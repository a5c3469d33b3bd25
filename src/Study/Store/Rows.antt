-- ===== src/Study/Store/Rows.antt =====
-- The rows of sessions under the statements of the repository.
use hquizlet_platform.Prelude.{
  ℕ, ◌+◌, ◌≤◌, ◌≡◌, ◌⊎◌, refl, ap, ◌∙◌, sym, Bool, true, not, ◌&&◌, String, List, [], ◌∷◌, none,
  some, count, All, arith, str_eq, eq_iff, Option-cases, Bool-cases, and-eq_true, inl, inr,
  if◌then◌else◌,
}
use hquizlet_platform.Study.View.{is_some}
use hquizlet_platform.Study.Store.{SessionRow, row_of, update_row, drop_rows, is_open, open_row}

-- The primary key.
abbrev pub distinct_rows : List SessionRow → Bool
distinct_rows [] = true
distinct_rows (r ∷ rs) = not (is_some (row_of r.id rs)) && distinct_rows rs

eq_sym : (s t : String) → str_eq s t ≡ str_eq t s
eq_sym s t = elim (Bool-cases (str_eq s t)) [
  | inl same ↦ ground (arith, same, sym ((eq_iff s t).0 same), eq_iff t s)
  | inr other ↦ elim (Bool-cases (str_eq t s)) [
    | inl same ↦ ground (arith, other, sym ((eq_iff t s).0 same), eq_iff s t)
    | inr both ↦ other ∙ sym both
  ]
]

pub row_of-id :
    (k : String) (rs : List SessionRow) (r : SessionRow) → row_of k rs ≡ some r → r.id ≡ k
unfolding row_of
row_of-id k [] r h = cc
row_of-id k (x ∷ rs) r h = elim (Bool-cases (str_eq x.id k)) [
  | inl same ↦ ground (arith, same, (eq_iff x.id k).0 same)
  | inr other ↦ ground (arith, other, row_of-id k rs r)
]

module _ (id : String) (f : SessionRow → SessionRow)
    (keeps : (r : SessionRow) → (f r).id ≡ r.id) where
  pub row_of-update_none :
      (k : String) (rs : List SessionRow)
      → row_of k rs ≡ none
      → row_of k (update_row id f rs) ≡ none
  unfolding row_of update_row
  row_of-update_none k [] h = refl
  row_of-update_none k (x ∷ rs) h =
      ground (arith, ap (λ n. str_eq n k) (keeps x), row_of-update_none k rs)

  pub row_of-update_some :
      (k : String) (rs : List SessionRow) (r : SessionRow)
      → row_of k rs ≡ some r
      → row_of k (update_row id f rs) ≡ some (if str_eq k id then f r else r)
  unfolding row_of update_row
  row_of-update_some k [] r h = cc
  row_of-update_some k (x ∷ rs) r h = elim (Bool-cases (str_eq x.id k)) [
    | inl same ↦ ground (
      arith,
      same,
      ap (λ n. str_eq n k) (keeps x),
      ap (λ n. str_eq n id) ((eq_iff x.id k).0 same),
    )
    | inr other ↦ elim (Bool-cases (str_eq x.id id)) [
      | inr there ↦ ground (arith, other, there, row_of-update_some k rs r)
      | inl here ↦ ground (
        arith,
        other,
        here,
        ap (λ n. str_eq n k) (keeps x),
        ap (λ n. str_eq n k) ((eq_iff x.id id).0 here),
        eq_sym k id,
      )
    ]
  ]

  row_of-update_is :
      (k : String) (rs : List SessionRow)
      → is_some (row_of k (update_row id f rs)) ≡ is_some (row_of k rs)
  row_of-update_is k rs = elim (Option-cases (row_of k rs)) [
    | inl absent ↦ ground (arith, absent, row_of-update_none k rs absent)
    | inr (r, found) ↦ ground (arith, found, row_of-update_some k rs r found)
  ]

  pub update_row-distinct :
      (rs : List SessionRow) → distinct_rows rs ≡ true → distinct_rows (update_row id f rs) ≡ true
  unfolding update_row
  update_row-distinct [] h = refl
  update_row-distinct (x ∷ rs) h = elim (Bool-cases (str_eq x.id id)) [
    | inl here ↦ rw here (rw (keeps x) h)
    | inr there ↦ rw (there, row_of-update_is x.id rs) (ground (arith, update_row-distinct rs))
  ]

  pub All-update_row {κ} :
      (P : SessionRow → Type κ) (rs : List SessionRow)
      → All P rs
      → ((r : SessionRow) → row_of id rs ≡ some r → P r → P (f r))
      → All P (update_row id f rs)
  unfolding update_row row_of
  All-update_row P [] h g = tt
  All-update_row P (x ∷ rs) h g = elim (Bool-cases (str_eq x.id id)) [
    | inl here ↦ rw here (g x (rw here refl) h.0, h.1)
    | inr there ↦ rw there (h.0, All-update_row P rs h.1 (λ r m. g r (ground (arith, there, m))))
  ]

module _ (q : SessionRow → Bool) where
  pub row_of-drop_none :
      (k : String) (rs : List SessionRow) → row_of k rs ≡ none → row_of k (drop_rows q rs) ≡ none
  unfolding row_of drop_rows
  row_of-drop_none k [] h = refl
  row_of-drop_none k (x ∷ rs) h = ground (arith, row_of-drop_none k rs)

  -- A row is dropped, or stays as it is.
  pub row_of-drop_some :
      (k : String) (rs : List SessionRow) (r : SessionRow)
      → distinct_rows rs ≡ true
      → row_of k rs ≡ some r
      → (row_of k (drop_rows q rs) ≡ none) ⊎ (row_of k (drop_rows q rs) ≡ some r)
  unfolding row_of drop_rows
  row_of-drop_some k [] r d h = cc
  row_of-drop_some k (x ∷ rs) r d h = elim (Bool-cases (str_eq x.id k)) [
    | inl same ↦ elim (Bool-cases (q x)) [
      | inl gone ↦ inl (
          rw gone (
            row_of-drop_none k rs
              (ground (arith, d, ap (λ n. row_of n rs) ((eq_iff x.id k).0 same)))))
      | inr kept ↦ inr (ground (arith, same, kept, h))
    ]
    | inr other ↦ ground (arith, other, row_of-drop_some k rs r)
  ]

  pub drop_rows-distinct :
      (rs : List SessionRow) → distinct_rows rs ≡ true → distinct_rows (drop_rows q rs) ≡ true
  unfolding drop_rows
  drop_rows-distinct [] h = refl
  drop_rows-distinct (x ∷ rs) h = elim (Bool-cases (q x)) [
    | inl gone ↦ rw gone (drop_rows-distinct rs (and-eq_true _ _ h).1)
    | inr kept ↦ rw kept (
        ground (
          arith,
          h,
          drop_rows-distinct rs,
          row_of-drop_none x.id rs,
          Option-cases (row_of x.id rs),
        ))
  ]

  pub All-drop_rows {κ} :
      (P : SessionRow → Type κ) (rs : List SessionRow) → All P rs → All P (drop_rows q rs)
  unfolding drop_rows
  All-drop_rows P [] h = tt
  All-drop_rows P (x ∷ rs) h = elim (Bool-cases (q x)) [
    | inl gone ↦ rw gone (All-drop_rows P rs h.1)
    | inr kept ↦ rw kept (h.0, All-drop_rows P rs h.1)
  ]

  pub count-drop_rows :
      (p : SessionRow → Bool) (rs : List SessionRow) → count p (drop_rows q rs) ≤ count p rs
  unfolding drop_rows
  count-drop_rows p [] = omega arith
  count-drop_rows p (x ∷ rs) = ground (arith, count-drop_rows p rs)

add_mono : {a b c d : ℕ} → a ≤ b → c ≤ d → a + c ≤ b + d
add_mono h k = omega (arith, h, k)

test_mono : (b c : Bool) → (b ≡ true → c ≡ true) → (if b then 1 else 0) ≤ (if c then 1 else 0)
test_mono b c h = ground (arith, Bool-cases b)

pub count_mono :
    (p q : SessionRow → Bool) (rs : List SessionRow)
    → ((r : SessionRow) → p r ≡ true → q r ≡ true)
    → count p rs ≤ count q rs
count_mono p q [] h = omega arith
count_mono p q (x ∷ rs) h = add_mono (test_mono (p x) (q x) (h x)) (count_mono p q rs h)

-- An update that makes no row pass the test which did not pass another makes no more rows pass it.
pub count-update_row :
    (p q : SessionRow → Bool) (id : String) (f : SessionRow → SessionRow) (rs : List SessionRow)
    → ((r : SessionRow) → p r ≡ true → q r ≡ true)
    → ((r : SessionRow) → row_of id rs ≡ some r → p (f r) ≡ true → q r ≡ true)
    → count p (update_row id f rs) ≤ count q rs
unfolding update_row row_of
count-update_row p q id f [] h g = omega arith
count-update_row p q id f (x ∷ rs) h g = elim (Bool-cases (str_eq x.id id)) [
  | inl here ↦
      rw here (add_mono (test_mono (p (f x)) (q x) (g x (rw here refl))) (count_mono p q rs h))
  | inr there ↦ rw there (
      add_mono (test_mono (p x) (q x) (h x))
        (count-update_row p q id f rs h (λ r m. g r (ground (arith, there, m)))))
]

pub open_row-inv :
    (id : String) (u k now : ℕ) (rs : List SessionRow) (r : SessionRow)
    → open_row id u k now rs ≡ some r
    → (row_of id rs ≡ some r) × (is_open u k now r ≡ true)
unfolding open_row
open_row-inv id u k now rs r h = elim (Option-cases (row_of id rs)) [
  | inl absent ↦ ground (arith, absent)
  | inr (x, found) ↦ elim (Bool-cases (is_open u k now x)) [
    | inl live ↦ ground (arith, found, live)
    | inr shut ↦ ground (arith, found, shut)
  ]
]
==*==
Work instructions: Reproduce precisely, and with no line left out, each line from the top of the entries through the line that carries "row_of-update_some k [] r h = cc".

Task answer:
repository a5c3469d33b3bd25
filename src/Study/Store/Rows.antt
-- ===== src/Study/Store/Rows.antt =====
-- The rows of sessions under the statements of the repository.
use hquizlet_platform.Prelude.{
  ℕ, ◌+◌, ◌≤◌, ◌≡◌, ◌⊎◌, refl, ap, ◌∙◌, sym, Bool, true, not, ◌&&◌, String, List, [], ◌∷◌, none,
  some, count, All, arith, str_eq, eq_iff, Option-cases, Bool-cases, and-eq_true, inl, inr,
  if◌then◌else◌,
}
use hquizlet_platform.Study.View.{is_some}
use hquizlet_platform.Study.Store.{SessionRow, row_of, update_row, drop_rows, is_open, open_row}

-- The primary key.
abbrev pub distinct_rows : List SessionRow → Bool
distinct_rows [] = true
distinct_rows (r ∷ rs) = not (is_some (row_of r.id rs)) && distinct_rows rs

eq_sym : (s t : String) → str_eq s t ≡ str_eq t s
eq_sym s t = elim (Bool-cases (str_eq s t)) [
  | inl same ↦ ground (arith, same, sym ((eq_iff s t).0 same), eq_iff t s)
  | inr other ↦ elim (Bool-cases (str_eq t s)) [
    | inl same ↦ ground (arith, other, sym ((eq_iff t s).0 same), eq_iff s t)
    | inr both ↦ other ∙ sym both
  ]
]

pub row_of-id :
    (k : String) (rs : List SessionRow) (r : SessionRow) → row_of k rs ≡ some r → r.id ≡ k
unfolding row_of
row_of-id k [] r h = cc
row_of-id k (x ∷ rs) r h = elim (Bool-cases (str_eq x.id k)) [
  | inl same ↦ ground (arith, same, (eq_iff x.id k).0 same)
  | inr other ↦ ground (arith, other, row_of-id k rs r)
]

module _ (id : String) (f : SessionRow → SessionRow)
    (keeps : (r : SessionRow) → (f r).id ≡ r.id) where
  pub row_of-update_none :
      (k : String) (rs : List SessionRow)
      → row_of k rs ≡ none
      → row_of k (update_row id f rs) ≡ none
  unfolding row_of update_row
  row_of-update_none k [] h = refl
  row_of-update_none k (x ∷ rs) h =
      ground (arith, ap (λ n. str_eq n k) (keeps x), row_of-update_none k rs)

  pub row_of-update_some :
      (k : String) (rs : List SessionRow) (r : SessionRow)
      → row_of k rs ≡ some r
      → row_of k (update_row id f rs) ≡ some (if str_eq k id then f r else r)
  unfolding row_of update_row
  row_of-update_some k [] r h = cc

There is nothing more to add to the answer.